Das kannst du daraus machen

Die Ausbildung ist der Anfang, nicht das Ziel.

  • Anwendungsbetreuung

    Programme einführen, einstellen und Nutzer schulen.

  • Datenbanken und Auswertungen

    Wer Abfragen schreiben kann, liefert Antworten, auf die andere warten.

  • Verkürzte duale IT-Ausbildung

    Fachinformatiker oder IT-Kaufmann lassen sich auf dem Abschluss aufbauen.

  • Studium

    Wirtschaftsinformatik oder Informationsmanagement schließen direkt an.

Das wusstest du wahrscheinlich nicht

Eine Auswertung ist nur so gut wie die Frage dahinter: „Wie viele Kunden haben wir?" klingt eindeutig und hat je nach Definition drei verschiedene Antworten. Deshalb beginnt gute Datenarbeit nicht mit der Abfrage, sondern mit dem Nachfragen.

Häufige Fragen

Was alle wissen wollen

Was macht ein/e Kaufmännische/r Assistent/in für Informationsverarbeitung?

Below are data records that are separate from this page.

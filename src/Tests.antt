-- ===== src/Tests.antt =====
-- The theorems at concrete inputs, and runs of the definitions.
mod Serializer
mod Blocks
mod Accounts
mod Economy
mod Queues
mod Pool
mod Numbers
mod Ordering
mod Bases
mod Difficulties
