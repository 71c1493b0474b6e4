-- ===== src/Tests/Accounts.antt =====
-- Versions of nonces and balances at concrete inputs, over a curve whose points are their bytes.
use xelis_blockchain.Prelude.{
  ℕ, ◌+◌, ◌≡◌, refl, none, some, List, [], ◌∷◌, arith, length, replicate,
}
use xelis_blockchain.Prelude.Results.{ok, err}
use xelis_blockchain.Serializer.Reader.{invalid_size}
use xelis_blockchain.Serializer.Trait.{to_bytes, from_bytes}
use xelis_blockchain.Account.Cache.{
  ElGamal, CiphertextCache, CompressedCiphertext, compressed, decompressed, compress,
  take_ciphertext,
}
use xelis_blockchain.Account.Cache.Coherence.{
  Holds, call_all, meaning_all, call_all-Holds, modify, fill_compressed, fill_both, CacheCall,
}
use xelis_blockchain.Account.Balance
use xelis_blockchain.Account.Balance.{VersionedBalance, versioned_balance}
use xelis_blockchain.Account.Balance.Bytes.{
  versioned_balance_round_trip, versioned_balance_unreadable,
}

some_eq : (c e : CompressedCiphertext) → some c ≡ some e → e ≡ c
some_eq c e p = cc

-- Every pair of byte strings is a point here.
abbrev plain : ElGamal
plain = record {
  Ciphertext = CompressedCiphertext;
  compress = λ c. c;
  decompress = λ c. some c;
  compress-decompress = some_eq;
  decompress-compress = λ e. refl;
}

abbrev point : ℕ → CompressedCiphertext
point n = record { commitment = replicate 32 n; handle = replicate 32 (n + 1) }

abbrev calls : List (CacheCall plain)
calls = fill_both ∷ modify (λ _. point 9) ∷ fill_compressed ∷ []

abbrev cache : CiphertextCache plain
cache = compressed (point 4)

call_all-Holds_example :
    Holds plain (call_all plain calls cache) (meaning_all plain calls (point 4))
    × (compress plain (call_all plain calls cache) ≡ meaning_all plain calls (point 4))
call_all-Holds_example =
    call_all-Holds plain calls cache (point 4)
      (record { coherent = tt; value = unfold take_ciphertext in refl })

abbrev stored : VersionedBalance plain
stored = record {
  output_balance = some (decompressed (point 1));
  final_balance = compressed (point 2);
  balance_type = Balance.both;
  previous_topoheight = some 12;
}

versioned_balance_round_trip_example :
    (from_bytes (versioned_balance plain) (to_bytes (versioned_balance plain) stored)
      ≡ ok (record stored {
        final_balance = compressed (point 2);
        output_balance = some (compressed (point 1));
      }))
    × (137 ≡ length (to_bytes (versioned_balance plain) stored))
unfolding compress
versioned_balance_round_trip_example =
    versioned_balance_round_trip plain stored (omega arith) (omega arith) (omega arith)

abbrev torn : VersionedBalance plain
torn = record {
  output_balance = none;
  final_balance = compressed (point 2);
  balance_type = Balance.both;
  previous_topoheight = some 12;
}

versioned_balance_unreadable_example :
    from_bytes (versioned_balance plain) (to_bytes (versioned_balance plain) torn)
    ≡ err invalid_size
unfolding compress
versioned_balance_unreadable_example =
    versioned_balance_unreadable plain (compressed (point 2)) 12 (omega arith) (omega arith)
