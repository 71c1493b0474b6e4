-- ===== src/Tests/Ordering.antt =====
-- A small DAG, with its sync and side blocks and the full order of a block.
use xelis_blockchain.Prelude.{
  ℕ, ◌*◌, ◌≤◌, ◌<◌, ◌≡◌, refl, ap, subst, ◌≢◌, ◌↔◌, ◌⊎◌, inl, inr, true, false, ◌&&◌, Option, none,
  some, List, [], ◌∷◌, arith, ltb, leb, ◌==◌, if◌then◌else◌, Bool-cases, length, ==_iff, ◌-◌,
}
use xelis_blockchain.Prelude.Equality.{Eq, nat_eq, IsDistinct}
use xelis_blockchain.Prelude.Results.{ok, ok_injective, some_injective}
use xelis_blockchain.BlockDag.{
  Ord, hashes, sort_ascending_by_cumulative_difficulty, sort_by, insert_by, ascending,
}
use xelis_blockchain.Dag.{Provider, extend, is_sync_block_at_height, is_side_block_internal}
use xelis_blockchain.Dag.Compare.{In}
use xelis_blockchain.Dag.Sync.{SyncAnswer, is_sync_block-SyncAnswer}
use xelis_blockchain.Dag.Side.{SideAnswer, is_side_block-SideAnswer}
use xelis_blockchain.Dag.FullOrder.{
  LruCache, CacheKey, generate_full_order, is_considered, considered_scores, push_all,
}
use xelis_blockchain.Dag.FullOrder.Step.{IsDep, Reaches, self, along}
use xelis_blockchain.Dag.FullOrder.Known.{IsKnown}
use xelis_blockchain.Dag.FullOrder.Loop.{IsFullOrder, IsSound}
use xelis_blockchain.Dag.FullOrder.Ends.{generate_full_order-IsFullOrder}
use xelis_blockchain.Dag.FullOrder.Fuel.{IsBounded, generate_full_order_returns}

ltb_irrefl : (a : ℕ) → ltb a a ≡ false
ltb_irrefl a = ground arith

ltb_trans : (a b c : ℕ) → ltb a b ≡ true → ltb b c ≡ true → ltb a c ≡ true
ltb_trans a b c h k = ground (arith, h, k)

ltb_total : (a b : ℕ) → ltb a b ≡ false → ltb b a ≡ false → a ≡ b
ltb_total a b h k = ground (arith, h, k)

instance abbrev number_ord : Ord ℕ
number_ord = record { lt = ltb; lt_irrefl = ltb_irrefl; lt_trans = ltb_trans; lt_total = ltb_total }

module _ {Key V : Type 0} (k : Eq Key) where
  unfoldable pub find : Key → List (Key × V) → Option V
  find key [] = none
  find key ((other, value) ∷ rest) = elim (k.beq other key) [
    | true ↦ some value
    | false ↦ find key rest
  ]

  pub find_adds :
      (c : List (Key × V)) (a b : Key) (w v : V)
      → find b ((a, w) ∷ c) ≡ some v
      → ((a ≡ b) × (w ≡ v)) ⊎ ((a ≢ b) × (find b c ≡ some v))
  unfolding find
  find_adds c a b w v h = elim (Bool-cases (k.beq a b)) [
    | inl q ↦ inl ((k.beq_iff a b).0 q, some_injective (rw (q, find) at h))
    | inr q ↦ inr (λ f. cc (q, (k.beq_iff a b).1 f), rw (q, find) at h)
  ]

  -- A cache that forgets nothing.
  abbrev pub list_cache : LruCache (List (Key × V)) Key V
  list_cache = record {
    get = λ c key. (c, find key c);
    put = λ c key value. (key, value) ∷ c;
    get_keeps = λ c a b v h. h;
    put_adds = find_adds;
  }

pub key_same : (x y : CacheKey ℕ) → ((x.0 == y.0 && (x.1 == y.1 && x.2 == y.2)) ≡ true) ↔ (x ≡ y)
key_same x y = (
  λ h. λ i. (
    (==_iff x.0 y.0).0 (ground (arith, h)) i,
    (==_iff x.1 y.1).0 (ground (arith, h)) i,
    (==_iff x.2 y.2).0 (ground (arith, h)) i,
  ),
  λ q. ground (
    arith,
    (==_iff x.0 y.0).1 (ap (λ t. t.0) q),
    (==_iff x.1 y.1).1 (ap (λ t. t.1) q),
    (==_iff x.2 y.2).1 (ap (λ t. t.2) q),
  ),
)

abbrev key_eq : Eq (CacheKey ℕ)
key_eq = record { beq = λ x y. x.0 == y.0 && (x.1 == y.1 && x.2 == y.2); beq_iff = key_same }

-- 1 and 2 stand on 0, and 3 on both of them. 0 and 1 are ordered.
abbrev past : ℕ → List ℕ
past n = if n == 0 then [] else if n == 3 then 1 ∷ 2 ∷ [] else 0 ∷ []

abbrev levels : ℕ → ℕ
levels n = if n == 0 then 0 else if n == 3 then 2 else 1

abbrev pub diamond : Provider ℕ ℕ
diamond = record {
  get_height_for_block_hash = λ n. ok (levels n);
  get_timestamp_for_block_hash = λ n. ok n;
  get_difficulty_for_block_hash = λ n. ok 10;
  get_cumulative_difficulty_for_block_hash = λ n. ok (n * 10);
  get_past_blocks_for_block_hash = λ n. ok (past n);
  get_estimated_covariance_for_block_hash = λ n. ok 1;
  is_block_topological_ordered = λ n. leb n 1;
  get_topo_height_for_hash = λ n. ok n;
  get_hash_at_topo_height = λ n. ok n;
  get_blocks_at_height = λ n. ok (if n == 0 then 0 ∷ [] else if n == 1 then 1 ∷ 2 ∷ [] else 3 ∷ []);
  get_pruned_topoheight = ok none;
}

-- A chain in which the block of each height is its number, and all are ordered.
abbrev chain : Provider ℕ ℕ
chain = record diamond {
  get_height_for_block_hash = λ n. ok n;
  get_past_blocks_for_block_hash = λ n. ok ((n - 1) ∷ []);
  is_block_topological_ordered = λ n. true;
  get_blocks_at_height = λ n. ok (n ∷ []);
}

nine-passes : is_sync_block_at_height chain 9 17 ≡ ok true
unfolding is_sync_block_at_height extend
nine-passes = refl

nine-main : is_side_block_internal chain 9 20 ≡ ok false
unfolding is_side_block_internal
nine-main = refl

is_sync_block-SyncAnswer_example :
    (b : ℕ) × (chain.get_height_for_block_hash 9 ≡ ok b) × SyncAnswer chain 9 17 b
is_sync_block-SyncAnswer_example = is_sync_block-SyncAnswer chain 9 17 nine-passes

is_side_block-SideAnswer_example : SideAnswer chain 9 20 false
is_side_block-SideAnswer_example = is_side_block-SideAnswer chain 9 20 false nine-main

abbrev pub order_cache : LruCache (List (CacheKey ℕ × List ℕ)) (CacheKey ℕ) (List ℕ)
order_cache = list_cache {V = List ℕ} key_eq

empty_cache-IsSound : IsSound diamond order_cache 0 0 0 []
unfolding find
empty_cache-IsSound x order h = cc h

past_below : (x t : ℕ) → x ≢ 0 → In (past x) t → t < x
past_below x t n m = ground (arith, n, m)

rising : (x t : ℕ) → IsDep diamond 0 0 x t → t < x
rising x t d =
    past_below x t (λ q. cc (d.above, (==_iff x 0).1 q))
      (subst (λ l. In l t) (ok_injective d.known refl) d.inside)

unordered_or_above : (t : ℕ) → is_considered diamond 0 t ≡ ok true
unfolding is_considered
unordered_or_above t = elim (Bool-cases (leb t 1)) [
  | inl q ↦ rw (q, is_considered) (ap ok (ground arith))
  | inr q ↦ rw (q, is_considered) refl
]

three-ordered :
    generate_full_order diamond order_cache 0 0 0 10 [] 3
    ≡ some (ok (0 ∷ 2 ∷ 1 ∷ 3 ∷ [], ((3, 0, 0), 0 ∷ 2 ∷ 1 ∷ 3 ∷ []) ∷ ((0, 0, 0), 0 ∷ []) ∷ []))
unfolding generate_full_order find considered_scores is_considered push_all hashes
    sort_ascending_by_cumulative_difficulty sort_by insert_by ascending extend
three-ordered = refl

generate_full_order-IsFullOrder_example :
    IsFullOrder diamond order_cache 0 0 0 3 (0 ∷ 2 ∷ 1 ∷ 3 ∷ [])
    × IsDistinct {A = ℕ} (0 ∷ 2 ∷ 1 ∷ 3 ∷ [])
    × IsSound diamond order_cache 0 0 0 (((3, 0, 0), 0 ∷ 2 ∷ 1 ∷ 3 ∷ []) ∷ ((0, 0, 0), 0 ∷ []) ∷ [])
generate_full_order-IsFullOrder_example =
    generate_full_order-IsFullOrder diamond order_cache 0 0 0 (λ x. x) 3 rising 10 [] _
      (0 ∷ 2 ∷ 1 ∷ 3 ∷ []) empty_cache-IsSound three-ordered

reached : (x : ℕ) → Reaches diamond 0 0 3 x → x ≤ 3
reached x self = omega arith
reached x (along {y = y} r d) = omega (arith, reached y r, rising y x d)

all_known : (x : ℕ) → IsKnown diamond 0 x
all_known x = record {
  tips = past x;
  past = refl;
  scorable = λ t m. record {
    taken = true;
    considered = unordered_or_above t;
    cumulative = t * 10;
    difficulty = refl;
  };
}

few_tips : (x : ℕ) → length (past x) ≤ 2
few_tips x = ground arith

listed : (x : ℕ) → x ≤ 3 → In (0 ∷ 1 ∷ 2 ∷ 3 ∷ []) x
listed x l = ground (arith, l)

bounded : IsBounded diamond order_cache 0 0 0 3 (0 ∷ 1 ∷ 2 ∷ 3 ∷ []) 2
bounded = record {
  listed = λ x r. listed x (reached x r);
  known = λ x r. all_known x;
  few = λ x tips r q. subst (λ l. length l ≤ 2) (ok_injective refl q) (few_tips x);
}

generate_full_order_returns_example :
    (order : List ℕ) × (c' : List (CacheKey ℕ × List ℕ)) × (generate_full_order diamond order_cache
        0 0 0 14 [] 3
      ≡ some (ok (order, c')))
    × IsFullOrder diamond order_cache 0 0 0 3 order
    × IsDistinct order
generate_full_order_returns_example =
    generate_full_order_returns diamond order_cache 0 0 0 3 (λ x. x) rising (0 ∷ 1 ∷ 2 ∷ 3 ∷ []) 2
      bounded 14 [] empty_cache-IsSound (omega arith)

Du arbeitest mit Daten und Anwendungen: Datenbanken pflegen und abfragen, Auswertungen erstellen, Programme betreuen, Abläufe dokumentieren, Kollegen unterstützen.

Wie wird man Kaufmännische/r Assistent/in für Informationsverarbeitung?

Über eine landesrechtlich geregelte schulische Ausbildung an einer Berufsfachschule, meist zwei Jahre. Bezeichnung und Zugang sind Ländersache.

Gibt es eine Ausbildungsvergütung?

In der Regel nicht. Schüler-BAföG ist möglich; private Schulen erheben Schulgeld.

Was ist der Unterschied zur Betriebsinformatik?

Die Schwerpunkte liegen nah beieinander. Die Informationsverarbeitung betont Daten, Programme und Auswertung stärker, die Betriebsinformatik den betrieblichen Ablauf.